雄也が店に入るなり、初老の女性は飲みかけのお茶を吹き出した。

「ぶあはははははっ! その格好は何の冗談だい? まさかあんたが罪の意識を感じて悔い改めちまったとか?」

涙目になるほど大笑いすることもないだろう雄也は憮然としたが、ここへ来る途中に使った電車の中でも、奇異の視線に晒されていた事を思い出して嘆息する。

「茜さん、そんなに俺の格好は似合ってないかな?」
「あんたは優しげな顔をしてるから似合わないってわけじゃないのさ。 ただ、神様に一番縁遠いあんたが神父様のなりをしてるのがね。
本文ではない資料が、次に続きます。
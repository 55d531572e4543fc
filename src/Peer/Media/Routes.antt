-- ===== src/Peer/Media/Routes.antt =====
-- src/sfu/peer_media.rs, `forward` and `handle_incoming_keyframe_request`: which subscription of a peer
-- carries the packets of a live track, and where a keyframe request on its m-line goes.
use ababilx_chat_sfu.Shared.{
  ℕ, ◌<◌, ◌≡◌, ◌≢◌, refl, ◌∙◌, sym, ap, Bool, none, some, List, [], ◌∷◌, map, ◌==◌, nat_Eq, All,
  find, find_of_all, count, arith, Bool-cases, Option-cases, inl, inr,
}
use ababilx_chat_sfu.Media.{Deps, MediaData, KeyframeRequest}
use ababilx_chat_sfu.Tracks.{Arcs, TrackIn, TrackOut, Propagated, upgrade, mid}
use ababilx_chat_sfu.Peer.{Peer}
use ababilx_chat_sfu.Peer.Media.{
  carries, at_mid, write_to, forward, handle_incoming_keyframe_request,
}
use ababilx_chat_sfu.Wiring.{wanted}

module _ {d : Deps} where
  -- No other live track has the publisher and the m-line of the track `t` at `a`.
  abbrev pub IsOnly : Arcs d → ℕ → TrackIn d → Type 0
  IsOnly h a t =
      (b : ℕ) (s : TrackIn d) → upgrade h b ≡ some s → s.origin ≡ t.origin → s.mid ≡ t.mid → b ≡ a

  -- No two subscriptions have the same m-line.
  abbrev pub LinesApart : List (TrackOut d) → Type 0
  LinesApart [] = Unit
  LinesApart (s ∷ ts) =
      All (λ (t : TrackOut d). (n : d.Mid) → mid s ≡ some n → mid t ≢ some n) ts × LinesApart ts

  found_of_count :
      (a : ℕ) (ts : List (TrackOut d))
      → 0 < count a (map (λ (t : TrackOut d). t.track_in) ts)
      → (s : TrackOut d) × (s.track_in ≡ a) × (find (λ t. t.track_in == a) ts ≡ some s)
  found_of_count a [] more = absurd (omega (arith, more))
  found_of_count a (t ∷ ts) more = elim (Bool-cases (t.track_in == a)) [
    | inl this ↦ (t, ground (arith, this), ground (arith, this))
    | inr other ↦
        let (s, at_a, found) = found_of_count a ts (ground (arith, more, other)) in
        (s, at_a, ground (arith, found, other))
  ]

  find-same :
      (f g : TrackOut d → Bool) (ts : List (TrackOut d))
      → ((t : TrackOut d) → f t ≡ g t)
      → find f ts ≡ find g ts
  find-same f g [] same = refl
  find-same f g (t ∷ ts) same = ground (arith, same t, find-same f g ts same)

  find-at_mid :
      (test : TrackOut d → Bool) (n : d.Mid) (ts : List (TrackOut d)) (s : TrackOut d)
      → LinesApart ts
      → find test ts ≡ some s
      → mid s ≡ some n
      → find (at_mid n) ts ≡ some s
  unfolding at_mid
  find-at_mid test n [] s apart found line = absurd (ground (arith, found))
  find-at_mid test n (t ∷ ts) s apart found line = elim (Bool-cases (test t)) [
    | inl this ↦
        let same : t ≡ s = ground (arith, found, this) in
        let line_t : mid t ≡ some n = ap mid same ∙ line in
        ground (arith, line_t, same, d.mid_Eq.matches_iff n n)
    | inr other ↦
        let found_in : find test ts ≡ some s = ground (arith, found, other) in
        let rest = find-at_mid test n ts s apart.1 found_in line in
        elim (Option-cases (mid t)) [
          | inl no_line ↦ ground (arith, no_line, rest)
          | inr (k, line_t) ↦ elim (Bool-cases (d.mid_Eq.matches k n)) [
            | inl same ↦ absurd (
                find_of_all (λ u. (l : d.Mid) → mid t ≡ some l → mid u ≢ some l) test ts s apart.0
                  found_in n (line_t ∙ ap some ((d.mid_Eq.matches_iff k n).0 same)) line)
            | inr differ ↦ ground (arith, line_t, differ, rest)
          ]
        ]
  ]

  module _ (h : Arcs d) (a : ℕ) (t : TrackIn d) (live : upgrade h a ≡ some t)
      (only : IsOnly h a t) where
    carries_iff :
        (m : d.Mid) (s : TrackOut d) → m ≡ t.mid → carries h t.origin m s ≡ (s.track_in == a)
    unfolding carries
    carries_iff m s same = elim (Option-cases (upgrade h s.track_in)) [
      | inl dead ↦ elim (Bool-cases (s.track_in == a)) [
        | inl this ↦
            absurd (
              ground (arith, dead, live, ap (upgrade h) ((nat_Eq.matches_iff s.track_in a).0 this)))
        | inr other ↦ ground (arith, dead, other)
      ]
      | inr (i, there) ↦ elim (Bool-cases (s.track_in == a)) [
        | inl this ↦
            let is_t : some i ≡ some t =
              sym there ∙ ap (upgrade h) ((nat_Eq.matches_iff s.track_in a).0 this) ∙ live in
            ground (
              arith,
              there,
              this,
              is_t,
              same,
              nat_Eq.matches_iff i.origin t.origin,
              d.mid_Eq.matches_iff i.mid m,
            )
        | inr other ↦ ground (
          arith,
          there,
          other,
          same,
          nat_Eq.matches_iff i.origin t.origin,
          d.mid_Eq.matches_iff i.mid m,
          nat_Eq.matches_iff s.track_in a,
          only s.track_in i there,
        )
      ]
    ]

  -- The subscription `s` of `p` is the way of the track `t` at `a`, and of the requests for it.
  pub record IsRoute (h : Arcs d) (a : ℕ) (t : TrackIn d) (p : Peer d) (s : TrackOut d)
      : Type 0 where
    pub to_track : s.track_in ≡ a
    pub no_line : (m : MediaData d) → m.mid ≡ t.mid → mid s ≡ none → forward h t.origin m p ≡ p
    pub no_writer :
        (m : MediaData d) (n : d.Mid)
        → m.mid ≡ t.mid
        → mid s ≡ some n
        → d.writer p.rtc n ≡ none
        → forward h t.origin m p ≡ p
    pub carried :
        (m : MediaData d) (n : d.Mid) (w : d.Writer)
        → m.mid ≡ t.mid
        → mid s ≡ some n
        → d.writer p.rtc n ≡ some w
        → forward h t.origin m p ≡ write_to m p w
    pub back :
        (request : KeyframeRequest d)
        → mid s ≡ some request.mid
        → handle_incoming_keyframe_request request h p
          ≡ Propagated.keyframe_request p.id (record request { rid = none }) t.origin t.mid

  module _ (h : Arcs d) (a : ℕ) (t : TrackIn d) (live : upgrade h a ≡ some t) (only : IsOnly h a t)
      (p : Peer d) (apart : LinesApart p.tracks_out) where
    find-carries :
        (m : d.Mid) (s : TrackOut d)
        → m ≡ t.mid
        → find (λ u. u.track_in == a) p.tracks_out ≡ some s
        → find (carries h t.origin m) p.tracks_out ≡ some s
    find-carries m s same found =
        find-same (carries h t.origin m) (λ u. u.track_in == a) p.tracks_out
          (λ u. carries_iff h a t live only m u same)
        ∙ found

    -- A peer that is subscribed to a live track has a route for it.
    pub IsRoute-subscribed : 0 < count a (wanted p) → (s : TrackOut d) × IsRoute h a t p s
    unfolding forward handle_incoming_keyframe_request
    IsRoute-subscribed more =
        let (s, at_a, found) = found_of_count a p.tracks_out more in
        (
          s,
          record {
            to_track = at_a;
            no_line = λ m same line. ground (arith, find-carries m.mid s same found, line);
            no_writer = λ m n same line writer.
                ground (arith, find-carries m.mid s same found, line, writer);
            carried = λ m n w same line writer.
                ground (arith, find-carries m.mid s same found, line, writer);
            back = λ request line.
                let there : upgrade h s.track_in ≡ some t = ap (upgrade h) at_a ∙ live in
                ground (
                  arith,
                  find-at_mid (λ u. u.track_in == a) request.mid p.tracks_out s apart found line,
                  there,
                );
          },
        )
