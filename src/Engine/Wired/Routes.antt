-- ===== src/Engine/Wired/Routes.antt =====
-- src/sfu/room.rs and src/sfu/peer_media.rs: how packets and keyframe requests go between the peers of
-- a room.
use ababilx_chat_sfu.Shared.{
  ℕ, ◌≡◌, ◌≢◌, String, true, some, [], arith, nat_Eq, string_Eq, lookup, find_of_all,
}
use ababilx_chat_sfu.Media.{Deps}
use ababilx_chat_sfu.Tracks.{TrackIn, TrackOut, upgrade}
use ababilx_chat_sfu.Peer.{Peer}
use ababilx_chat_sfu.Peer.Media.Routes.{IsOnly, LinesApart, IsRoute, IsRoute-subscribed}
use ababilx_chat_sfu.Room.{Room, has_id, peer_of}
use ababilx_chat_sfu.Engine.{Engine}
use ababilx_chat_sfu.Engine.Wired.{IsMeshed}
use ababilx_chat_sfu.Wiring.{IsTuned}
use ababilx_chat_sfu.Wiring.Rooms.{here}

module _ {d : Deps} where
  -- In a wired engine, let a track be live whose publisher is in a room, and no other live track have
  -- its publisher and its m-line. Any other peer of the room, of which no two subscriptions have the
  -- same m-line, has a subscription to that track with these properties. A packet of the track goes to
  -- the writer of the subscription's m-line, and without a line or a writer the peer is left as it is.
  -- A keyframe request that comes in on that m-line is passed on to the track's publisher, for the
  -- m-line on which it publishes the track.
  pub IsMeshed-IsRoute :
      (e : Engine d) (name : String) (r : Room d) (a : ℕ) (t : TrackIn d) (id : ℕ) (p : Peer d)
      → IsMeshed e
      → lookup name e.rooms ≡ some r
      → upgrade e.arcs a ≡ some t
      → here r t.origin ≡ true
      → IsOnly e.arcs a t
      → peer_of id r ≡ some p
      → t.origin ≢ p.id
      → LinesApart p.tracks_out
      → (s : TrackOut d) × IsRoute e.arcs a t p s
  unfolding peer_of
  IsMeshed-IsRoute e name r a t id p w there live in_room only found other apart =
      let tuned =
        find_of_all (IsTuned e.arcs (here r) []) (has_id id) r.peers p (w.wired name r there)
          found in
      IsRoute-subscribed e.arcs a t live only p apart
        (ground (arith, tuned.hears a t live, in_room, other, nat_Eq.matches_iff t.origin p.id))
」

茜は話しながらも堪えきれず肩を揺らしていた。
何の事はない。雄也の服は昨日借りた神父服のまま、ここへ来てしまったのだ。

椿骨董堂。
名前の通り骨董品屋なのだが、品揃えは骨董品とは名ばかりのがらくたの山。
雄也はこの店に、自分以外の客を見たことがない。
ましてや、雄也に骨董品を買い漁る趣味もなく、ここへ来た目的はもう一つの商品である 武器・情報の調達の為だった。

雄也は普段から武器となるものを身につけていない。
暗殺に至る時ですら、自分で用意して移動するなんて事はない。
仕事の時は、決められた場所に決められた道具が用意してあり、使用後は指定の場所へ放置し、指定された逃走経路を進むだけだった。
だから、本来ならこうした店と関わりを持つ必要もなかったのだが、暗殺者になりはじめた頃、一度だけこんな事はしたくないと反抗した時、最愛の人の命の保証はないと脅されてからは、いつでもあの人を守り、組織から身を眩ませる為の準備をしてきたのだ。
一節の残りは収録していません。